No Error on File Not Found

Check this box if you want this monitor to remain in GOOD status, if the file is not found.

Disable

Check this box to temporarily disable this monitor and any associated alerts. To enable the monitor again, clear the box.

Verify Error

Check this box if you want SiteScope to automatically run this monitor again if it detects an error. When an error is detected, the monitor will immediately be scheduled to run again once.

Note: In order to change the run frequency of this monitor when an error is detected, use the Update every (on errors) option below.

Note: The status returned by the Verify Error run of the monitor will replace the status of the originally scheduled run that detected an error. This may cause the loss of important performance data if the data from the verify run is different than the initial error status.

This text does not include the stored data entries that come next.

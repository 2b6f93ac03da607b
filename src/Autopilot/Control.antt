-- ===== src/Autopilot/Control.antt =====
-- What a user or the loop does to the campaign of `AutopilotSupervisor`
-- (backend/src/wandermind/application/autopilot_service.py).
use wander_mind.Prelude.{ℕ, ◌+◌, ◌*◌, ◌^◌, Text, Option, none, some, min, if◌then◌else◌, ◌∷◌}
use wander_mind.Exec.{Result, ok, err, pure, gets, ◌>>=◌, ◌>>◌}
use wander_mind.Models.Enums.{AutopilotStatus}
use wander_mind.Models.Budget.{WanderBudget, default_budget}
use wander_mind.Models.Session.{WanderSession}
use wander_mind.Models.Campaign.{AutopilotCampaign, loop_error, new_campaign}
use wander_mind.Engine.Review.{given_or}
use wander_mind.Autopilot.State.{
  Services, Pilot, AutopilotState, AutopilotError, campaign_row, stop_requested, ask, write,
}
use wander_mind.Autopilot.Cycle.{is_open, finalize_cycle, save_now, tick_locked}

-- `2 ** min(failures, 6) * 5` seconds, but 300 at most.
unfoldable pub loop_delay : ℕ → ℕ
loop_delay failures = min 300 (2 ^ (min failures 6) * 5)

-- `autopilot_campaigns.create(campaign)`
unfoldable pub create_campaign : AutopilotCampaign → Pilot (Unit {0})
create_campaign campaign s =
    (ok tt, record s { campaign = some campaign; writes = campaign_row campaign ∷ s.writes })

unfoldable pub budget_or : Option WanderBudget → WanderBudget → WanderBudget
budget_or none fallback = fallback
budget_or (some b) fallback = b

module _ (v : Services) where
  unfoldable pub resumed :
      Option Text → Option WanderBudget → ℕ → AutopilotCampaign → AutopilotCampaign
  unfolding given_or budget_or
  resumed objective budget now campaign = record campaign {
    objective = given_or objective campaign.objective;
    budget = budget_or budget campaign.budget;
    status = AutopilotStatus.active;
    next_cycle_at = some now;
    last_error = none;
  }

  unfoldable pub resume_campaign :
      Option Text → Option WanderBudget → Option AutopilotCampaign → Pilot (Unit {0})
  unfolding resumed create_campaign save_now new_campaign
  resume_campaign objective budget none = do
    now ← ask v.utc_now
    id ← ask v.uuid4
    create_campaign (
        new_campaign id (given_or objective v.objective) AutopilotStatus.active
          (budget_or budget (budget_or v.budget default_budget)) (some now) now)
  resume_campaign objective budget (some campaign) = do
    now ← ask v.utc_now
    save_now v (resumed objective budget now campaign)

  unfoldable pub start_or_resume : Option Text → Option WanderBudget → Pilot (Unit {0})
  unfolding resume_campaign tick_locked
  start_or_resume objective budget = do
    s ← gets (λ (s : AutopilotState). s)
    resume_campaign objective budget s.campaign
    tick_locked v

  unfoldable pub update_campaign : Text → Option AutopilotCampaign → Pilot (Unit {0})
  unfolding create_campaign save_now new_campaign
  update_campaign objective none = do
    now ← ask v.utc_now
    id ← ask v.uuid4
    create_campaign (
        new_campaign id objective AutopilotStatus.paused (budget_or v.budget default_budget) none
          now)
  update_campaign objective (some campaign) = save_now v (record campaign { objective = objective })

  unfoldable pub update_objective : Text → Pilot (Unit {0})
  unfolding update_campaign
  update_objective objective = do
    s ← gets (λ (s : AutopilotState). s)
    update_campaign objective s.campaign

  unfoldable pub finalize_ended : AutopilotCampaign → Option WanderSession → Pilot (Unit {0})
  unfolding finalize_cycle is_open
  finalize_ended campaign none = pure tt
  finalize_ended campaign (some session) =
      if is_open session.status then pure tt else finalize_cycle v campaign session

  -- The stop of the current session, with the cycle's end where it has ended by then.
  unfoldable pub stop_session : AutopilotCampaign → Option ℕ → Pilot (Unit {0})
  unfolding finalize_ended
  stop_session campaign none = pure tt
  stop_session campaign (some session_id) = do
    write (stop_requested session_id)
    session ← ask (λ t. v.get_session t session_id)
    finalize_ended campaign session

  unfoldable pub halt_campaign : AutopilotStatus → Option AutopilotCampaign → Pilot (Unit {0})
  unfolding stop_session save_now
  halt_campaign status none = pure tt
  halt_campaign status (some campaign) = do
    save_now v (record campaign { status = status; next_cycle_at = none })
    stop_session (record campaign { status = status; next_cycle_at = none })
        campaign.current_session_id

  -- `_set_terminal_control`, the body of `pause` and `stop`
  unfoldable pub set_terminal_control : AutopilotStatus → Pilot (Unit {0})
  unfolding halt_campaign
  set_terminal_control status = do
    s ← gets (λ (s : AutopilotState). s)
    halt_campaign status s.campaign

  unfoldable pub record_error : Text → Option AutopilotCampaign → Pilot (Unit {0})
  unfolding loop_delay save_now
  record_error message none = pure tt
  record_error message (some campaign) = do
    now ← ask v.utc_now
    save_now v (record campaign {
      last_error = some (loop_error message);
      consecutive_failures = campaign.consecutive_failures + 1;
      next_cycle_at =
          some (v.after now (v.ops.of_int (loop_delay (campaign.consecutive_failures + 1))));
    })

  -- `_record_loop_error`; `message` is the text made of the exception.
  unfoldable pub record_loop_error : Text → Pilot (Unit {0})
  unfolding record_error
  record_loop_error message = do
    s ← gets (λ (s : AutopilotState). s)
    record_error message s.campaign

  abbrev pub recover : (AutopilotError → Text) → Result AutopilotError (Unit {0}) → Pilot (Unit {0})
  recover message (ok _) = pure tt
  recover message (err e) = record_loop_error (message e)

  -- One round of `_loop`.
  unfoldable pub poll : (AutopilotError → Text) → Pilot (Unit {0})
  unfolding tick_locked record_loop_error
  poll message s = let (r, s') = tick_locked v s in recover message r s'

Warning: Use of this option across many monitor instances may result in significant monitoring delays in the case that multiple monitors are rescheduled to verify errors at the same time.

Update Every (on error)

You use this option to set a new monitoring interval for monitors that have registered an error condition. For example, you may want SiteScope to monitor this item every 10 minutes normally, but as often as every 2 minutes if an error has been detected. Note that this increased scheduling will also affect the number of alerts generated by this monitor.

Schedule

By default, SiteScope monitors are enabled every day of the week. You may, however, schedule your monitors to run only on certain days or on a fixed schedule. Click the Edit schedule link to create or edit a monitor schedule. For more information about working with monitor schedules, see the section on Schedule Preferences for Monitoring.

Monitor Description

Enter additional information about this monitor. The Monitor Description can include HTML tags such as the <BR> <HR>, and <B> tags to control display format and style. The description will appear on the Monitor Detail page.

Report Description

Enter an optional description for this monitor that will make it easier to understand what the monitor does. For example, network traffic or main server response time. This description will be displayed on with each bar chart and graph in Management Reports and appended to the tool-tip displayed when you pass the mouse cursor over the status icon for this monitor on the monitor detail page.

Depends On

To make the running of this monitor dependent on the status of another monitor or monitor group, use the drop-down list to select the monitor on which this monitor is dependent. Select None to remove any dependency.

Depends Condition

If you choose to make the running of this monitor dependent on the status of another monitor, select the status condition that the other monitor or monitor group should have in order for the current monitor to run normally. The current monitor will be run normally as long as the monitor on which it depends reports the condition selected in this option.

List Order

By default, new monitors are listed last on the Monitor Detail page. You may use this drop-down list to choose a different placement for this monitor.

Error if

Set an error threshold for this monitor. The thresholds are used when the "Run Alerts: once, ..." option is chosen. By default, an error is signaled whenever there is one or more matching events. Select a comparison value from the list, and use the comparison operator list to specify an error threshold such as: >= (greater than or equal to), != (not equal to), or < (less than).

The possible comparison values are:

matches - the number of matches found.
lines - the number of lines processed.
lines/min - the number of lines per minute processed during this monitoring period.
matches/min - the number of matches per minute that occurred during this monitoring period.

Warning if

Set the Warning threshold for this monitor. The default is to generate a warning if SiteScope is unable to read the log file. The symbols in the comparison value drop-down list are the same as those for Error if.

Good if

The default is to mark the monitor as good if the log file can be read and there are no matches.